## WORK ORDER
Among the lines below, list those containing the string "place".

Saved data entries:
=== Section Start ===

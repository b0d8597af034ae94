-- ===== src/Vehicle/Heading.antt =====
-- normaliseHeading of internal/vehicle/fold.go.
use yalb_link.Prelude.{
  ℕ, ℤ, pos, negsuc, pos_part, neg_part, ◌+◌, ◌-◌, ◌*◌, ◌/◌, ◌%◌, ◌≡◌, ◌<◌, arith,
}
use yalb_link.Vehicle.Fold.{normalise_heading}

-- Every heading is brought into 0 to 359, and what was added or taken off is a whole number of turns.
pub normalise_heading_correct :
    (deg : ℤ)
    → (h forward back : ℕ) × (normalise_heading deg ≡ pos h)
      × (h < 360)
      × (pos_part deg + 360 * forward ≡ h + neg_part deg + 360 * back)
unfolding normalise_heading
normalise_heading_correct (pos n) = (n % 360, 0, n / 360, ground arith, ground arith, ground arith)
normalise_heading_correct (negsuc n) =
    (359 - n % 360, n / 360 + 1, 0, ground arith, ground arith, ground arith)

=== Section End ===
=== Section Start ===

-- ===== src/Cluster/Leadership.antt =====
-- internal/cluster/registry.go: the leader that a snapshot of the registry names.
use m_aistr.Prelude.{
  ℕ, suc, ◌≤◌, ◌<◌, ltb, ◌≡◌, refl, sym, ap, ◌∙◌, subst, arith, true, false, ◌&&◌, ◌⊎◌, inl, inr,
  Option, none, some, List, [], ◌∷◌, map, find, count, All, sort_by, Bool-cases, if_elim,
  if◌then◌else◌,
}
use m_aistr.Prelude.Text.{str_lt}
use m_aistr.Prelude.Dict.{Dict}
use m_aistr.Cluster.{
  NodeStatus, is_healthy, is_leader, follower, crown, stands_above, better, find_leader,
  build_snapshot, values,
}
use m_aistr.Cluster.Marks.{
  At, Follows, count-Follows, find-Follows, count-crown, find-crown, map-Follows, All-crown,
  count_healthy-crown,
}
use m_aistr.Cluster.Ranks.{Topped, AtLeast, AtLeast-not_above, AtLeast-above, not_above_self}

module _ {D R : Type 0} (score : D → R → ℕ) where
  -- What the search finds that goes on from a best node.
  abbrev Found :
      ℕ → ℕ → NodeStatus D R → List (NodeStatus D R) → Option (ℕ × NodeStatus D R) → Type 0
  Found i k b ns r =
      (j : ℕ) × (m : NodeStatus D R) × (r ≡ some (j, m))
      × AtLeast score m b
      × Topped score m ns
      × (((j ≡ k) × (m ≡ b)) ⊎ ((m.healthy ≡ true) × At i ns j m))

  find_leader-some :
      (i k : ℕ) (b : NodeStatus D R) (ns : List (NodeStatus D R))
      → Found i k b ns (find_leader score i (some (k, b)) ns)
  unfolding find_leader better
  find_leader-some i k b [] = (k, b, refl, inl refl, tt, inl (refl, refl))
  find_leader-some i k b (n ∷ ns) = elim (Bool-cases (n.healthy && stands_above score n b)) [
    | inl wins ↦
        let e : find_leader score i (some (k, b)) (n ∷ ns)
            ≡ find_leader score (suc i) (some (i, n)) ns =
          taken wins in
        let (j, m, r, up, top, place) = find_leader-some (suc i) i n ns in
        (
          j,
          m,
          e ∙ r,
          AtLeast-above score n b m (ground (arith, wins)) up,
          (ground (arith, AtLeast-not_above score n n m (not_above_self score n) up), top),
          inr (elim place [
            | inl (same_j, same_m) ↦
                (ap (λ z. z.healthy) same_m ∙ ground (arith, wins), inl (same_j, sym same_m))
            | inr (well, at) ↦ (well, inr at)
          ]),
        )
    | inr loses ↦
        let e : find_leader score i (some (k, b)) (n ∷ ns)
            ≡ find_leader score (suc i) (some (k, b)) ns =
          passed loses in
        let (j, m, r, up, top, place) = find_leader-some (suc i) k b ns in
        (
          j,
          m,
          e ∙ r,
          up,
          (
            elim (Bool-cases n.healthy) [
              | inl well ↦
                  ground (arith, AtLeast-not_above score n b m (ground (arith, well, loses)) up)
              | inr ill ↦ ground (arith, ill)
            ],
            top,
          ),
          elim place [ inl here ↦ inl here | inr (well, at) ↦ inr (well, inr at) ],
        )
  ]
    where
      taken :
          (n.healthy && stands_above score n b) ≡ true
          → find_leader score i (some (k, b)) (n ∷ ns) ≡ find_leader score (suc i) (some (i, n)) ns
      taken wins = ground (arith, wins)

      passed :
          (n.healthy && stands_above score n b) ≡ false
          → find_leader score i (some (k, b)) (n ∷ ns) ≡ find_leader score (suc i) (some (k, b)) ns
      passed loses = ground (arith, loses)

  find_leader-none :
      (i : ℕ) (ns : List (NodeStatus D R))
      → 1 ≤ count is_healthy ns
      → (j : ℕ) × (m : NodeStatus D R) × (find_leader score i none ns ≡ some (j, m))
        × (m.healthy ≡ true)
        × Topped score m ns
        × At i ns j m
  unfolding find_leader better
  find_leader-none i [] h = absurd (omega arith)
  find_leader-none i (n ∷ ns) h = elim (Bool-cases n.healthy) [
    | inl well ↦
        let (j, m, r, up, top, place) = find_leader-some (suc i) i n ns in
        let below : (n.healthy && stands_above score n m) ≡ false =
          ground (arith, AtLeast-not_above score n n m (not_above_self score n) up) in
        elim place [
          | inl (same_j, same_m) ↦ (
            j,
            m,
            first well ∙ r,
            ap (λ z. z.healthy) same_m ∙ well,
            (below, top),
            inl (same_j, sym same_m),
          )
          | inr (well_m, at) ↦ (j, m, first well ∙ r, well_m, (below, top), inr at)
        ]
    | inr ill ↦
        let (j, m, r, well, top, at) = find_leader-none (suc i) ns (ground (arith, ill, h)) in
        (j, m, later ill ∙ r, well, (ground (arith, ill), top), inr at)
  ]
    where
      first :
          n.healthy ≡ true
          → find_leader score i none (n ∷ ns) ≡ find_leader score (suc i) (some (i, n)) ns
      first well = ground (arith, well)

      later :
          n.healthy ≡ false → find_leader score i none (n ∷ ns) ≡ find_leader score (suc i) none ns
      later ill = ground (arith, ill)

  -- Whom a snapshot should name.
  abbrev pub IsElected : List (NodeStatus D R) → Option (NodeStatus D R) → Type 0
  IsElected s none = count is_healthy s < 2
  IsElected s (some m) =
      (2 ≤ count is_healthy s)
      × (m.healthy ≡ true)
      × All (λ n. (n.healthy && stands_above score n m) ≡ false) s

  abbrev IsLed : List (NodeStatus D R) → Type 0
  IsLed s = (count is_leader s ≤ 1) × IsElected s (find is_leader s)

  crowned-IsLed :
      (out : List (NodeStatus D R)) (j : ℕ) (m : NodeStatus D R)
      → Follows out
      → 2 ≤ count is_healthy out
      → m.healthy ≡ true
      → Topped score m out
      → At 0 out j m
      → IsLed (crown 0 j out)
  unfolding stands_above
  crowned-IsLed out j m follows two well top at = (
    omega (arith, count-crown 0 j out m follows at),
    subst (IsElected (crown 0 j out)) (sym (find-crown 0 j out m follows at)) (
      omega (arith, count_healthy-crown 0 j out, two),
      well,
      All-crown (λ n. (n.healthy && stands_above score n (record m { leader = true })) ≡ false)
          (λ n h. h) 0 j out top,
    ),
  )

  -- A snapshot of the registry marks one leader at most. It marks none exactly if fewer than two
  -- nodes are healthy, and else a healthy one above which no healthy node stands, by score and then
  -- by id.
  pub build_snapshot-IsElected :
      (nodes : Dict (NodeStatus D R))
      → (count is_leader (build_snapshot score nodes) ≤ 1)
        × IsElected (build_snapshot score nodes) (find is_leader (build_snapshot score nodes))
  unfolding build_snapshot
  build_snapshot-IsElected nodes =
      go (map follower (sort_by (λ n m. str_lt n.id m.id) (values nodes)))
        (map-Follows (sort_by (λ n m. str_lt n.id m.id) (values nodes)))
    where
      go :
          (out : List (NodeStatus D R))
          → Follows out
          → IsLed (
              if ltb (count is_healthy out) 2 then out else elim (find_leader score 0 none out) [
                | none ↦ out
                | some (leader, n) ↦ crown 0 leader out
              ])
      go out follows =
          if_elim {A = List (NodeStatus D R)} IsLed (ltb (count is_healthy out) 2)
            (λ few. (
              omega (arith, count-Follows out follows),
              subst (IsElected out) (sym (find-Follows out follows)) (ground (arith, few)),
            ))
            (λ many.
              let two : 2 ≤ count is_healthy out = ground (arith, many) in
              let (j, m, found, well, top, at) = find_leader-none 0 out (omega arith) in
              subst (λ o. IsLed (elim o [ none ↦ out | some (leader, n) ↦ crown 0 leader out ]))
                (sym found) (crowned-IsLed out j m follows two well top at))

=== Section End ===

## ANSWER BOX
        let (j, m, r, up, top, place) = find_leader-some (suc i) i n ns in
          inr (elim place [
        let (j, m, r, up, top, place) = find_leader-some (suc i) k b ns in
          elim place [ inl here ↦ inl here | inr (well, at) ↦ inr (well, inr at) ],
        let (j, m, r, up, top, place) = find_leader-some (suc i) i n ns in
        elim place [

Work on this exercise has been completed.